Monday, April 28, 2008
finding community voice part 2
In my last post, I celebrated helping a community find their own voice around Scripture. The upside is this genuine sense of a group of people gathered under a text and the realisation that the Spirit is the teacher and we are all learners.
The downside is when people bring their own agenda into the room. We all bring our previous experiences and learnings into a room and when used well, these can enhance a community voice. But they need to be placed carefully alongside the discipline of becoming genuine listeners, to a Bible text and to each other and to the Spirit.
Often when I do speaking around, and move into processes of helping a community find voice, I strike people who are not in fact listening to Bible and to each other, but are in fact using (abusing even), the space I have gifted the group, to bring their agenda’s into a room. My gut tells me that an audience participant is in fact doing this. And the coffee conversations often confirm this, as the agenda is named.
And so, as the one leading the process, I simply have to move the session on, because the disciplines have been broken and the “moment” lost.
And this is disappointing, and frankly immature. I too have lots of agendas and could spout on my hobby horses for hours. Indeed, I have been asked to speak to this group because of my charism. And yet I chose to spend my time seeking to elevate the Biblical text within a community. And so it is sad to see these moments highjacked.
In other words, this is a task best done in community and repeated over time, so that the disciplines grow. And it is a discipline that those with agenda and passion and existing knowledge find hardest. In other words, clergy!!
your comments make me think of parker j palmer’s thoughts on education as a spiritual journey and his definition of teaching and learning as a profoundly compassionate and communal enterprise, which demands great humility and respect from every member – ‘to teach is to create a space in which obedience towards truth (relational troth)is practiced.’
Comment by julie — April 29, 2008 @ 2:56 am
that’s a fascinating like Julie. I have read parker palmer’s book a number of times over the last 7 years and deeply appreciated his insights.
thought about them lots in terms of my teaching, but never applied them directly to preaching. must be some osmotic seepage. yeeha
steve
Comment by steve — April 29, 2008 @ 9:54 am
“I strike people who are not in fact listening to Bible and to each other, but are in fact using (abusing even), the space I have gifted the group, to bring their agenda’s into a room.”
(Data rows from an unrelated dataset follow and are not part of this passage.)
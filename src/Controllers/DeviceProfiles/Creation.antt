-- ===== src/Controllers/DeviceProfiles/Creation.antt =====
-- What the first synchronization of a device profile leaves behind.
use yurt_device_controller.Prelude.{
  Bool-cases, inl, inr, List, ◌∷◌, refl, String, ◌≡◌, arith, Bool, true, false, Option, none, some,
  if◌then◌else◌,
}
use yurt_device_controller.Prelude.Io.{Outcome, ok, fail, Error, is_conflict}
use yurt_device_controller.Api.{DeviceProfile}
use yurt_device_controller.Clients.Errors.{is_not_found_err}
use yurt_device_controller.Controllers.Session.{
  Event, Session, any, is_creation, status_written, edge_created, edge_fetched, write_status,
}
use yurt_device_controller.Controllers.DeviceProfiles.Reconcile.{
  DeviceProfileReconciler, add_profile, adopt_profile, reconcile_create_device_profile,
  synchronize_profile,
}

abbrev profile_id_in : Outcome DeviceProfile → Option String
profile_id_in (ok d) = some d.status.edge_id
profile_id_in _ = none

abbrev pub profile_not_found : Outcome DeviceProfile → Bool
profile_not_found (fail e) = is_not_found_err e
profile_not_found _ = false

module _ {W : Type 0} (r : DeviceProfileReconciler W) where
  -- The id that the profile has on the edge platform when the call is over, as far as the answers
  -- tell: that of the profile found, or of the one created where there was none.
  abbrev pub profile_id_after : String → DeviceProfile → W → Option String
  profile_id_after name d w =
      let (found, w') = r.edge_client.get name w in
      if profile_not_found found
      then profile_id_in (r.edge_client.create d w').0
      else profile_id_in found

  -- A device profile is created on the edge platform only after the platform has said that it has
  -- none.
  pub profile_creation_needs_absence :
      (s : Session W DeviceProfile) (name : String)
      → any is_creation s.trace ≡ false
      → any is_creation (reconcile_create_device_profile r name s).1.trace ≡ true
      → profile_not_found (r.edge_client.get name s.world).0 ≡ true
  unfolding reconcile_create_device_profile adopt_profile add_profile write_status
  profile_creation_needs_absence s name quiet h = ground arith

  abbrev known_as : DeviceProfile → String → DeviceProfile
  known_as d id = record d { status = record (d.status) { edge_id = id; synced = true } }

  -- Where the edge platform tells the id of the profile, found or newly created, the call ends with
  -- a write of the status that says synced and has this id.
  pub profile_creation_records_id :
      (s : Session W DeviceProfile) (name id : String)
      → profile_id_after name s.object s.world ≡ some id
      → (d : DeviceProfile) × (earlier : List (Event DeviceProfile))
        × ((reconcile_create_device_profile r name s).1.trace ≡ status_written d ∷ earlier)
        × (d.status.synced ≡ true)
        × (d.status.edge_id ≡ id)
  unfolding reconcile_create_device_profile adopt_profile add_profile write_status
  profile_creation_records_id s name id told =
      elim (Bool-cases (profile_not_found (r.edge_client.get name s.world).0)) [
        | inl absent ↦ (
          known_as s.object id,
          edge_created s.object ∷ edge_fetched name ∷ s.trace,
          ground arith,
          refl,
          refl,
        )
        | inr present ↦
            (known_as s.object id, edge_fetched name ∷ s.trace, ground arith, refl, refl)
      ]

  -- A conflict between writers of a device profile that is created is retried: it never leaves the
  -- reconciler as an error.
  profile_conflict_is_retried :
      (name : String) (d : DeviceProfile) (s : Session W DeviceProfile) {e : Error}
      → (synchronize_profile r name d s).0 ≡ fail e
      → is_conflict e ≡ false
  unfolding synchronize_profile
  profile_conflict_is_retried name d s h = ground arith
You may be interested to know that I am currently reading a book that spends a chapter touching on this issue in so many words. I don’t know if you’ve read Charles Kimball’s ‘When Religion Becomes Evil’, but one chapter deals with the problem of religious adherents laying claim to ‘Absolute Truths’ and thus constructing an entire theology on one or two absolutist prooftexts. Kimball’s central point on the issue is that all too often violence and religious extremism often come to the fore when one latches to what they believe is THE yardstick by which all sheep of the flock are to follow. The love and compassion of the God made known by Jesus Christ is overshadowed.
It is always a shame when personal agendas overshadow the bigger picture.
Comment by Ryan — April 29, 2008 @ 8:16 pm
what a very porous person you must be steve !!
Comment by julie — April 30, 2008 @ 11:32 am
I found this a very thoughtful comment Steve, and I appreciated those added by Julie, too, about “learning being a profoundly compassionate and communal exercise”. Thanks for writing it.